Miraculously they made it. Finally arriving at Fort Resolution late in December 1820, Back and his party procured the needed supplies from the North West Company employees who manned the trading post. Ahead of them lay the equally difficult return trip. During the trek, Back and Wenzel became separated, but Wenzel, accompanied by two Inuit interpreters he had recruited, arrived safely back at Fort Enterprise on January 27. Back appeared on March 17. He had been gone for five months. A simple entry in his journal sums up his ordeal. “I had traveled 1,104 miles on snow shoes,” it states, “and had no other covering at night, in the woods, than a blanket and deer skin, with the thermometer frequently at −40 deg. and once at −57 deg.; and sometimes passing two or three days without tasting food.” It had been an extraordinary ordeal, but Back and his companions had succeeded in keeping the expedition alive.

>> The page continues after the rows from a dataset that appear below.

-- ===== src/Processor/Handlers.antt =====
-- The handlers of messages, `handle_complete_message` and what it calls, src/core/bep_processor.rs, on the
-- state of src/core/bep_state.rs. A handler holds the lock on the state while it works on the indices.
use grizol.Prelude.{Bool, true, false, none, some, List, [], ◌∷◌, map, if◌then◌else◌}
use grizol.Prelude.Keys.{bytes_eq}
use grizol.Prelude.Outcome.{Outcome, ok, panic, ◌>>=◌, unwrap, expect}
use grizol.Prelude.Bytes.{Bytes}
use grizol.Proto.{
  Hello, ClusterConfig, Folder, Device, Index, IndexUpdate, BlockInfo, Counter, Request, Response,
}
use grizol.Parser.Decode.{CompleteMessage}
use grizol.Wire.{message, request_created}
use grizol.DeviceId.{DeviceId, try_from_bytes}
use grizol.Config.{device_id_eq}
use grizol.Requests.{Instant}
use grizol.Processor.{RequestState, diff_indices, store_outgoing_requests}
use grizol.Processor.Responses.{EventResult, event}
use grizol.State.{BepState, init_index, replace_index, insert_file_infos, rm_replace_file_info}
use grizol.State.Tables.{not_stored}
use grizol.State.Reads.{index, indices, blocks_info}
use grizol.State.Cluster.{ClusterTables, update_cluster_config, cluster_config}

-- The state behind the lock.
pub record ServerState : Type 0 where
  pub tables : BepState
  pub cluster : ClusterTables
  pub requests : RequestState

-- The device, and the name and the version of the program.
pub record Processor : Type 0 where
  pub local_device_id : DeviceId
  pub name : Bytes
  pub client_name : Bytes
  pub client_version : Bytes

abbrev pub Handled : Type 0 → Type 0
Handled E = Outcome E (List EventResult × ServerState)

unfoldable pub handle_hello : Processor → Hello → List EventResult
handle_hello p hello =
    event (
      message (
        CompleteMessage.hello (record {
          device_name = p.name;
          client_name = p.client_name;
          client_version = p.client_version;
        })))
    ∷ []

-- What the statements that read list, and the clock.
module _ {E : Type 0} (listed_blocks : List BlockInfo → List BlockInfo)
    (listed_counters : List Counter → List Counter) (now : Instant) (clock : Request → Instant)
    (p : Processor) where
  -- The state is locked a second time here.
  unfoldable pub request_blocks : ServerState → Handled E
  request_blocks s = do
    (requests, state) ←
        store_outgoing_requests now clock (blocks_info p.local_device_id not_stored s.tables.db)
          s.requests
    ok (event request_created ∷ [], record s { requests = state })

  -- `index(..).expect(..)`
  unfoldable pub index_or_panic : Bytes → DeviceId → BepState → Outcome E (Index × BepState)
  index_or_panic folder device_id s =
      let found = index listed_blocks listed_counters folder device_id s in
      unwrap found.0 >>= λ i. ok (i, found.1)

  unfoldable pub update_index : IndexUpdate → DeviceId → BepState → Outcome E BepState
  update_index index_update client_device_id s = do
    let folder = index_update.folder
    let received : Index = record { folder = folder; files = index_update.files }
    (other, s₁) ← index_or_panic folder client_device_id s
    diff ← expect (diff_indices folder received other)
    s₂ ← rm_replace_file_info folder client_device_id diff.newly_added_files s₁
    (own, s₃) ← index_or_panic folder p.local_device_id s₂
    (other', s₄) ← index_or_panic folder client_device_id s₃
    diff' ← expect (diff_indices folder other' own)
    rm_replace_file_info folder p.local_device_id diff'.newly_added_files s₄

  unfoldable pub handle_index_update : IndexUpdate → DeviceId → ServerState → Handled E
  unfolding update_index index_or_panic request_blocks
  handle_index_update index_update client_device_id s =
      update_index index_update client_device_id s.tables >>= λ tables.
      request_blocks (record s { tables = tables })

  unfoldable pub take_index : Index → DeviceId → BepState → Outcome E BepState
  take_index received client_device_id s = do
    let folder = received.folder
    s₁ ← replace_index received client_device_id s
    (own, s₂) ← index_or_panic folder p.local_device_id s₁
    diff ← expect (diff_indices folder received own)
    insert_file_infos folder p.local_device_id diff.newly_added_files s₂

  unfoldable pub handle_index : Index → DeviceId → ServerState → Handled E
  unfolding take_index index_or_panic request_blocks
  handle_index received client_device_id s =
      take_index received client_device_id s.tables >>= λ tables.
      request_blocks (record s { tables = tables })

  unfoldable pub has_device : List Device → Outcome E Bool
  has_device [] = ok false
  has_device (d ∷ ds) = do
    id ← expect (try_from_bytes d.id)
    if device_id_eq.beq id p.local_device_id then ok true else has_device ds

  -- The folders that the message shares with this device.
  unfoldable pub shared_with_me : List Folder → Outcome E (List Bytes)
  shared_with_me [] = ok []
  shared_with_me (f ∷ fs) = do
    shared ← has_device f.devices
    rest ← shared_with_me fs
    ok (if shared then f.id ∷ rest else rest)

  unfoldable pub init_indices :
      List Bytes → DeviceId → ClusterTables → BepState → Outcome E BepState
  init_indices [] client_device_id t s = ok s
  init_indices (f ∷ fs) client_device_id t s = do
    s₁ ← init_index f client_device_id t s
    s₂ ← init_index f p.local_device_id t s₁
    init_indices fs client_device_id t s₂

  unfoldable pub handle_cluster_config : ClusterConfig → DeviceId → ServerState → Handled E
  unfolding init_indices shared_with_me has_device
  handle_cluster_config config client_device_id s = do
    cluster ← update_cluster_config config p.local_device_id s.cluster
    folders ← shared_with_me config.folders
    tables ← init_indices folders client_device_id cluster s.tables
    (found, tables') ←
        indices listed_blocks listed_counters none (some p.local_device_id) client_device_id tables
    let answer = cluster_config p.local_device_id client_device_id cluster
    ok (
      event (message (CompleteMessage.cluster_config answer))
          ∷ map (λ (i : Index). event (message (CompleteMessage.index i))) found,
      record s { tables = tables'; cluster = cluster },
    )

  -- `respond` is `handle_response` on the whole state.
  unfoldable pub handle_complete_message :
      (Response → ServerState → Handled E) → CompleteMessage → DeviceId → ServerState → Handled E
  handle_complete_message respond (CompleteMessage.hello x) client s = ok (handle_hello p x, s)
  handle_complete_message respond (CompleteMessage.cluster_config x) client s =
      handle_cluster_config x client s
  handle_complete_message respond (CompleteMessage.index x) client s = handle_index x client s
  handle_complete_message respond (CompleteMessage.index_update x) client s =
      handle_index_update x client s
  handle_complete_message respond (CompleteMessage.request x) client s = ok ([], s)
  handle_complete_message respond (CompleteMessage.response x) client s = respond x s
  handle_complete_message respond (CompleteMessage.download_progress x) client s = panic
  handle_complete_message respond (CompleteMessage.ping x) client s = ok ([], s)
  handle_complete_message respond (CompleteMessage.close x) client s = ok ([], s)
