-- ===== src/Store/Apply/Keys.antt =====
-- No key stands twice among the keys of a store (store.go: a Go map has each key once).
use repository.Base.{
  ◌≡◌, sym, ◌∙◌, Bool, List, [], ◌∷◌, some, arith, Option-cases, inl, inr, eq_of_some-eq,
}
use mathlib.Core.Path.{subst}
use repository.Base.Int64.{Int64}
use repository.Base.Dict.{IsUnique, IsUnique-store, IsUnique-erase, find}
use repository.Proto.{PutOp, DeleteOp, ExpireKey, KeyValue}
use repository.Store.State.{Store, KvEntry, Result, map_key_comparable, if_alive}
use repository.Store.Emit.{emit_kv, after_emit}
use repository.Store.Apply.{
  apply_put, write_entry, apply_delete, remove_entry, apply_expire_keys, expire_items, expire_one,
  guarded, expire_key, begin_entry, put_key, put_entry, delete_key,
}
use repository.Store.Log.Entries.{
  expire_items-nil, expire_items-miss, expire_items-fault, expire_items-hit,
}

pub apply_put-IsUnique :
    (now : Int64) (s : Store) (index : Int64) (op : PutOp) (r : Result KeyValue) (s' : Store)
    → IsUnique s.kvs
    → apply_put now s index op ≡ some (r, s')
    → IsUnique s'.kvs
unfolding apply_put write_entry emit_kv after_emit
apply_put-IsUnique now s index op r s' u e = ground (
  arith,
  IsUnique-store (put_key op) (put_entry index op (if_alive now (find (put_key op) s.kvs))) s.kvs u,
)

pub apply_delete-IsUnique :
    (now : Int64) (s : Store) (index : Int64) (op : DeleteOp) (r : Result Bool) (s' : Store)
    → IsUnique s.kvs
    → apply_delete now s index op ≡ some (r, s')
    → IsUnique s'.kvs
unfolding apply_delete remove_entry emit_kv after_emit
apply_delete-IsUnique now s index op r s' u e =
    ground (arith, IsUnique-erase (delete_key op) s.kvs u)

expire_one-IsUnique :
    (index : Int64) (s s' : Store) (item : ExpireKey) (cur : KvEntry)
    → IsUnique s.kvs
    → expire_one index s item cur ≡ some s'
    → IsUnique s'.kvs
unfolding emit_kv after_emit
expire_one-IsUnique index s s' item cur u e =
    ground (arith, IsUnique-erase (expire_key item) s.kvs u)

expire_items-IsUnique :
    (index : Int64) (items : List ExpireKey) (s s' : Store)
    → IsUnique s.kvs
    → expire_items index s items ≡ some s'
    → IsUnique s'.kvs
expire_items-IsUnique index [] s s' u e =
    subst (λ (x : Store). IsUnique x.kvs) (eq_of_some-eq (sym (expire_items-nil index s) ∙ e)) u
expire_items-IsUnique index (item ∷ items) s s' u e =
    elim (Option-cases (guarded item.guard_revision (find (expire_key item) s.kvs))) [
      | inl miss ↦
          expire_items-IsUnique index items s s' u
            (sym (expire_items-miss index item items s miss) ∙ e)
      | inr (cur, hit) ↦ elim (Option-cases (expire_one index s item cur)) [
        | inl fault ↦ cc (expire_items-fault index item items s cur hit fault)
        | inr (s₁, step) ↦
            expire_items-IsUnique index items s₁ s' (expire_one-IsUnique index s s₁ item cur u step)
              (sym (expire_items-hit index item items s cur hit s₁ step) ∙ e)
      ]
    ]

pub apply_expire_keys-IsUnique :
    (s : Store) (index : Int64) (items : List ExpireKey) (s' : Store)
    → IsUnique s.kvs
    → apply_expire_keys s index items ≡ some s'
    → IsUnique s'.kvs
unfolding apply_expire_keys
apply_expire_keys-IsUnique s index items s' u e =
    expire_items-IsUnique index items (begin_entry s index) s' u e
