-- ===== src/Repl/Keys.antt =====
-- The keys of a replica stand once each (repl.go: applyOne).
use repository.Base.{
  ◌≡◌, sym, ◌∙◌, List, [], ◌∷◌, some, arith, Option-cases, inl, inr, eq_of_some-eq,
}
use mathlib.Core.Path.{subst}
use repository.Base.Int64.{Int64}
use repository.Base.Dict.{IsUnique}
use repository.Proto.{
  Op, LogEntry, empty, put, delete, register, heartbeat, expire_keys, expire_services,
}
use repository.Store.State.{Store, map_key_comparable}
use repository.Store.Apply.{apply_put, apply_delete, apply_expire_keys}
use repository.Store.Apply.Keys.{
  apply_put-IsUnique, apply_delete-IsUnique, apply_expire_keys-IsUnique,
}
use repository.Store.Registry.{apply_register, apply_heartbeat, apply_expire_services, fanout_svc}
use repository.Repl.Applier.{Applied, apply_op, apply_one, replay}
use repository.Repl.Replay.{replay-nil, replay-cons, replay-fault}

kvs-apply_register :
    (s : Store) (index : Int64) (op : _) → (apply_register s index op).1.kvs ≡ s.kvs
unfolding apply_register fanout_svc
kvs-apply_register s index op = ground arith

kvs-apply_heartbeat :
    (now : Int64) (s : Store) (index : Int64) (op : _)
    → (apply_heartbeat now s index op).1.kvs ≡ s.kvs
unfolding apply_heartbeat
kvs-apply_heartbeat now s index op = ground arith

kvs-apply_expire_services :
    (s : Store) (index : Int64) (items : _) → (apply_expire_services s index items).kvs ≡ s.kvs
unfolding apply_expire_services fanout_svc
kvs-apply_expire_services s index items = ground arith

apply_op-IsUnique :
    (now : Int64) (s : Store) (index : Int64) (op : Op) (r : Applied) (s' : Store)
    → IsUnique s.kvs
    → apply_op now s index op ≡ some (r, s')
    → IsUnique s'.kvs
unfolding apply_op
apply_op-IsUnique now s index empty r s' u e = ground arith
apply_op-IsUnique now s index (put op) r s' u e = elim (Option-cases (apply_put now s index op)) [
  | inl fault ↦ ground arith
  | inr ((x, s₁), h) ↦ let v = apply_put-IsUnique now s index op x s₁ u h in ground arith
]
apply_op-IsUnique now s index (delete op) r s' u e =
    elim (Option-cases (apply_delete now s index op)) [
      | inl fault ↦ ground arith
      | inr ((x, s₁), h) ↦ let v = apply_delete-IsUnique now s index op x s₁ u h in ground arith
    ]
apply_op-IsUnique now s index (register op) r s' u e = ground (arith, kvs-apply_register s index op)
apply_op-IsUnique now s index (heartbeat op) r s' u e =
    ground (arith, kvs-apply_heartbeat now s index op)
apply_op-IsUnique now s index (expire_keys items) r s' u e =
    elim (Option-cases (apply_expire_keys s index items)) [
      | inl fault ↦ ground arith
      | inr (s₁, h) ↦ let v = apply_expire_keys-IsUnique s index items s₁ u h in ground arith
    ]
apply_op-IsUnique now s index (expire_services items) r s' u e =
    ground (arith, kvs-apply_expire_services s index items)

pub replay-IsUnique :
    (clock : Int64 → Int64) (es : List LogEntry) (s s' : Store)
    → IsUnique s.kvs
    → replay clock s es ≡ some s'
    → IsUnique s'.kvs
replay-IsUnique clock [] s s' u h =
    subst (λ (x : Store). IsUnique x.kvs) (eq_of_some-eq (sym (replay-nil clock s) ∙ h)) u
replay-IsUnique clock (e ∷ es) s s' u h = elim (Option-cases (apply_one (clock e.index) s e)) [
  | inl fault ↦ cc (replay-fault clock s e es fault)
  | inr ((r, s₁), a) ↦
      replay-IsUnique clock es s₁ s' (apply_op-IsUnique (clock e.index) s e.index e.op r s₁ u a)
        (sym (replay-cons clock s e es r s₁ a) ∙ h)
]
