-- ===== src/Store/Snapshot/Restore.antt =====
-- A store restored from another's snapshot (helpers.go: ExportSnapshot, RestoreSnapshot,
-- SnapshotToProto, SnapshotFromProto; repl.go: ApplySnapshot).
use repository.Base.{
  ℕ, ◌+◌, ◌*◌, ◌^◌, ◌≤◌, ◌<◌, ◌≡◌, refl, ◌∙◌, false, List, [], ◌∷◌, map, Option, none, some, arith,
  All,
}
use repository.Base.Int64.{Int64}
use repository.Base.Int64
use repository.Base.Dict.{Dict, find, store, find-store, IsUnique}
use repository.Proto.{KeyValue}
use repository.Store.Ring.{Event}
use repository.Store.Ring.Window.{Represents, Represents-empty}
use repository.Store.State.{Store, KvEntry, MapKey, map_key_comparable, kv_to_pb, clone_kv}
use repository.Store.Snapshot.{
  export_kv, export_snapshot, restore_snapshot, load_kvs, snapshot_to_proto, snapshot_from_proto,
}
use repository.Store.Log.{Below}

-- What the later of two writers of a map leaves.
abbrev over {ℓ} : {A : Type ℓ} → Option A → Option A → Option A
over none old = old
over (some a) old = some a

over-none {ℓ} : {A : Type ℓ} (o : Option A) → over o none ≡ o
over-none none = refl
over-none (some a) = refl

-- What a snapshot message carries of the keys.
abbrev pub sent : Dict MapKey KvEntry → List KeyValue
sent d = map clone_kv (map clone_kv (map export_kv d))

find-load_kvs :
    (d m : Dict MapKey KvEntry) (j : MapKey)
    → IsUnique d
    → find j (load_kvs m (sent d)) ≡ over (find j d) (find j m)
unfolding load_kvs find clone_kv kv_to_pb
find-load_kvs [] m j u = refl
find-load_kvs ((k, e) ∷ d) m j u = ground (
  arith,
  map_key_comparable.agree_iff k j,
  find-load_kvs d (store k e m) j u.1,
  find-store k j e m,
)

-- The store that a snapshot message of `t` leaves at a node in the state `s`.
abbrev pub transfer : Store → Store → Store
transfer s t = restore_snapshot s (snapshot_from_proto (snapshot_to_proto (export_snapshot t)))

pub Below-baseline :
    (hi top : ℕ) (log : List Event) → hi ≤ top + 1 → Below hi log → All (λ ev. ev.seq ≤ top) log
Below-baseline hi top [] le b = tt
Below-baseline hi top (ev ∷ log) le b = (omega arith, Below-baseline hi top log le b.1)

-- A node that is not ahead takes over the sender's keys and applied index with a snapshot.
pub transfer-keys :
    (s t : Store) (j : MapKey)
    → IsUnique t.kvs
    → t.rev < 2 ^ 50
    → s.rev ≤ t.rev
    → (find j (transfer s t).kvs ≡ find j t.kvs) × ((transfer s t).rev ≡ t.rev)
unfolding restore_snapshot export_snapshot snapshot_to_proto snapshot_from_proto find
transfer-keys s t j u small le =
    let newer : Int64.lt t.rev s.rev ≡ false = ground arith in
    rw newer (find-load_kvs t.kvs [] j u ∙ over-none (find j t.kvs), refl)

-- Its ring is empty and its baseline after all events of the index.
pub transfer-ring :
    (s t : Store)
    → t.rev < 2 ^ 50
    → s.rev ≤ t.rev
    → Represents (transfer s t).ring [] × ((transfer s t).baseline_seq ≡ t.rev * 4096 + 4095)
unfolding restore_snapshot export_snapshot snapshot_to_proto snapshot_from_proto
transfer-ring s t small le =
    let newer : Int64.lt t.rev s.rev ≡ false = ground arith in
    let base : Int64.add (Int64.mul t.rev 4096) 4095 ≡ t.rev * 4096 + 4095 = omega (arith, small) in
    rw newer (Represents-empty, base)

In mid-June, fortified by the new supplies, the Franklin party set off for the Coppermine River, and its ultimate goal, the uncharted Arctic coast. It was not until July that the ice melted sufficiently to allow them to use their canoes. For the first 117 miles, the voyageurs had to haul the canoes on sleds over the unmelted snow and ice. But Franklin soon encountered an even bigger problem. As the expedition crossed into Inuit territory, the Indian hunters, frightened of the natives, became increasingly terrified. When, upon reaching Bloody Falls (rapids located about nine miles above the mouth of the Coppermine), they came upon an Inuit encampment, the Indians abruptly turned and left for home. Franklin was left with only two men who had the ability to hunt—his French-Canadian interpreters—and they, too, soon indicated that they wanted to leave. Realizing that he could not afford to lose them, Franklin refused and ordered his officers to watch them closely for the rest of the journey, lest they escape. As if this was not problem enough, Franklin was aware that the voyageurs, who had never seen the ocean, were terrified of what they feared it held in store. Keeping them in line once they reached the coast would be yet another challenge. Though he kept it to himself, Franklin had to admit that what had once promised to be a risk-free adventure had turned into a journey fraught with peril. Painfully, he would note in his journal that the expedition had engendered “a great intermixture of agreeable and disagreeable circumstances. Could the amount be balanced, I suspect the latter would much preponderate.” He had no idea what a gigantic understatement that would turn out to be.